• Material shown:
++++++++++++++++++++

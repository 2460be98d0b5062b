-- ===== src/Core/ActorManager/Calls.antt =====
-- Lemmas on the functions that actors are called with.
use epyx.Base.{
  ◌+◌, ◌≤◌, ℕ, ◌<◌, ◌≡◌, refl, sym, ap, subst, ◌∙◌, inl, inr, Bool, false, List, [], ◌∷◌, Option,
  none, some, arith, Option-cases, All,
}
use epyx.Base.Dict
use epyx.Base.Dict.{Dict, nat_order, find-set, find-unset}
use epyx.Core.ActorManager.{
  ActorManager, new_manager, silence, kill, kill_self, Act, new_actor, send, stop, stop_self, take,
  work, call, finish, act, then_run, run,
}
use epyx.Core.ActorManager.Sound.{
  is_live, IsDead, IsCall, calls_of, about_to_call, IsSound, Goes, add-Goes, post-Goes,
  silence-Goes,
}
use epyx.Core.ActorManager.Steps.{same-Goes, MayGo, take-Goes, work-Goes}
use epyx.Core.ActorManager.Begun.{call-Goes, finish-Goes}

kill_gone : (id : ℕ) (m : ActorManager) → Dict.find id m.actors ≡ none → kill id m ≡ m
unfolding kill
kill_gone id m e = rw (e, kill)

kill_there :
    (id : ℕ) (alive : Bool) (m : ActorManager)
    → Dict.find id m.actors ≡ some alive
    → kill id m ≡ silence id m
unfolding kill
kill_there id alive m e = rw (e, kill)

kill-Goes : (id : ℕ) (m : ActorManager) → IsSound m → Goes m (kill id m)
kill-Goes id m s = elim (Option-cases (Dict.find id m.actors)) [
  | inl gone ↦ subst (Goes m) (sym (kill_gone id m gone)) (same-Goes m s)
  | inr (alive, there) ↦
      subst (Goes m) (sym (kill_there id alive m there)) (silence-Goes id alive m s there).0
]

kill_self-Goes : (id : ℕ) (m : ActorManager) → IsSound m → MayGo m (kill_self id m)
unfolding kill_self
kill_self-Goes id m s = elim (Option-cases (Dict.find id m.actors)) [
  | inl gone ↦ rw (gone, MayGo) tt
  | inr (alive, there) ↦ rw (there, MayGo) (silence-Goes id alive m s there).0
]

act-Goes : (a : Act) (m : ActorManager) → IsSound m → MayGo m (act a m)
unfolding act
act-Goes new_actor m s = add-Goes m s
act-Goes (send id f) m s = post-Goes id f m s
act-Goes (stop id) m s = kill-Goes id m s
act-Goes (stop_self id) m s = kill_self-Goes id m s
act-Goes (take w) m s = take-Goes w (m.workers w) m.messages m refl s
act-Goes (work w) m s = work-Goes w (m.workers w) m refl s
act-Goes (call w) m s = call-Goes w (m.workers w) m refl s
act-Goes (finish w) m s = finish-Goes w (m.workers w) m refl s

run-Goes : (acts : List Act) (m : ActorManager) → IsSound m → MayGo m (run acts m)
unfolding run
run-Goes [] m s = same-Goes m s
run-Goes (a ∷ rest) m s = next (act a m) (act-Goes a m s) (λ m'. run-Goes rest m')
  where
    chain : (m' : ActorManager) (o : Option ActorManager) → Goes m m' → MayGo m' o → MayGo m o
    chain m' none g h = tt
    chain m' (some m'') (s', l, c) (s'', l', c') = (
      s'',
      (λ i d. l' i (l i d)),
      λ i d. let x = c i d in let y = c' i (l i d) in omega (arith, x, y),
    )

    next :
        (o : Option ActorManager)
        → MayGo m o
        → ((m' : ActorManager) → IsSound m' → MayGo m' (run rest m'))
        → MayGo m (then_run (run rest) o)
    next none g f = tt
    next (some m') g f = chain m' (run rest m') g (f m' (g.0))

new_manager-IsSound : IsSound new_manager
unfolding Dict.find
new_manager-IsSound = record {
  unused = λ id l. refl;
  queued = tt;
  held = λ w. tt;
  calls = tt;
  locked = λ w id e. absurd (cc e);
}

-- Through any sequence of steps from a new manager, no worker calls the null function, which `kill`
-- posts as a message: it reaches an actor only when this is dead or deleted.
pub no_null-IsCall :
    (acts : List Act) (m : ActorManager) → run acts new_manager ≡ some m → All IsCall m.called
no_null-IsCall acts m e =
    let g : MayGo new_manager (some m) = rw e at (run-Goes acts new_manager new_manager-IsSound) in
    (g.0).calls

-- After `ActorManager::kill` of an id that was given, whatever was done before and whatever follows
-- (actors added, messages posted, actors killed, and workers that take messages, choose actors, and
-- begin and end calls in any order), the actor does not live, and a call of it begins at most once
-- more, and only if the worker that holds its mutex at the kill has tested it and not begun to call
-- it.
pub killed_not_called :
    (before after : List Act) (id : ℕ) (m m' : ActorManager)
    → run before new_manager ≡ some m
    → id < m.actor_count
    → run after (kill id m) ≡ some m'
    → (calls_of id m' ≤ calls_of id m + about_to_call id m)
      × (is_live (Dict.find id m'.actors) ≡ false)
unfolding silence
killed_not_called before after id m m' e l f =
    let g : MayGo new_manager (some m) =
      rw e at (run-Goes before new_manager new_manager-IsSound) in
    elim (Option-cases (Dict.find id m.actors)) [
      | inl gone ↦
          let dead : IsDead m id = (l, ap is_live gone) in
          let f' : run after m ≡ some m' = ap (run after) (sym (kill_gone id m gone)) ∙ f in
          let h : MayGo m (some m') = rw f' at (run-Goes after m (g.0)) in
          let k = h.2 id dead in (omega (arith, k), (h.1 id dead).1)
      | inr (alive, there) ↦
          let (k, dead) = silence-Goes id alive m (g.0) there in
          let f' : run after (silence id m) ≡ some m' =
            ap (run after) (sym (kill_there id alive m there)) ∙ f in
          let h : MayGo (silence id m) (some m') = rw f' at (run-Goes after (silence id m) (k.0)) in
          let n = h.2 id dead in (omega (arith, n), (h.1 id dead).1)
    ]
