-- ===== src/Core/ActorManager/Tests.antt =====
-- A manager with two workers at concrete steps.
use epyx.Base.{◌+◌, ◌≤◌, ◌≡◌, refl, false, List, [], ◌∷◌, Option, none, some, arith, All}
use epyx.Base.Dict
use epyx.Base.Dict.{nat_order}
use epyx.Core.ActorManager.{
  ActorManager, new_manager, kill, Act, new_actor, send, stop, take, work, call, finish, run,
}
use epyx.Core.ActorManager.Calls.{no_null-IsCall, killed_not_called}
use epyx.Core.ActorManager.Sound.{IsCall, calls_of, about_to_call, is_live}

abbrev reached : Option ActorManager → ActorManager
reached none = new_manager
reached (some m) = m

-- An actor is called with 7, killed, and deleted by the second worker, before the null message.
abbrev steps : List Act
steps =
    new_actor
    ∷ send 0 7
    ∷ send 0 8
    ∷ take 0
    ∷ work 0
    ∷ call 0
    ∷ finish 0
    ∷ take 1
    ∷ stop 0
    ∷ work 1
    ∷ take 0
    ∷ work 0
    ∷ []

calls_test : (reached (run steps new_manager)).called ≡ (0, some 7) ∷ []
unfolding run
calls_test = refl

deleted_test : (reached (run steps new_manager)).actors ≡ []
unfolding run
deleted_test = refl

no_null-IsCall_example : All IsCall (reached (run steps new_manager)).called
unfolding run
no_null-IsCall_example = no_null-IsCall steps (reached (run steps new_manager)) refl

-- The first worker has tested the actor and not called it yet.
abbrev early : List Act
early = new_actor ∷ send 0 7 ∷ send 0 8 ∷ take 0 ∷ work 0 ∷ []

abbrev late : List Act
late = call 0 ∷ finish 0 ∷ take 1 ∷ work 1 ∷ take 0 ∷ work 0 ∷ []

abbrev start : ActorManager
start = reached (run early new_manager)

abbrev killed : ActorManager
killed = reached (run late (kill 0 start))

called_after_kill_test : (start.called ≡ []) × (killed.called ≡ (0, some 7) ∷ [])
unfolding run
called_after_kill_test = (refl, refl)

killed_not_called_example :
    (calls_of 0 killed ≤ calls_of 0 start + about_to_call 0 start)
    × (is_live (Dict.find 0 killed.actors) ≡ false)
unfolding run
killed_not_called_example = killed_not_called early late 0 start killed refl (omega arith) refl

++++++++++++++++++++

• Prompt: Scan the lines above for "false" and state how many match, nothing more.

• Response area: 4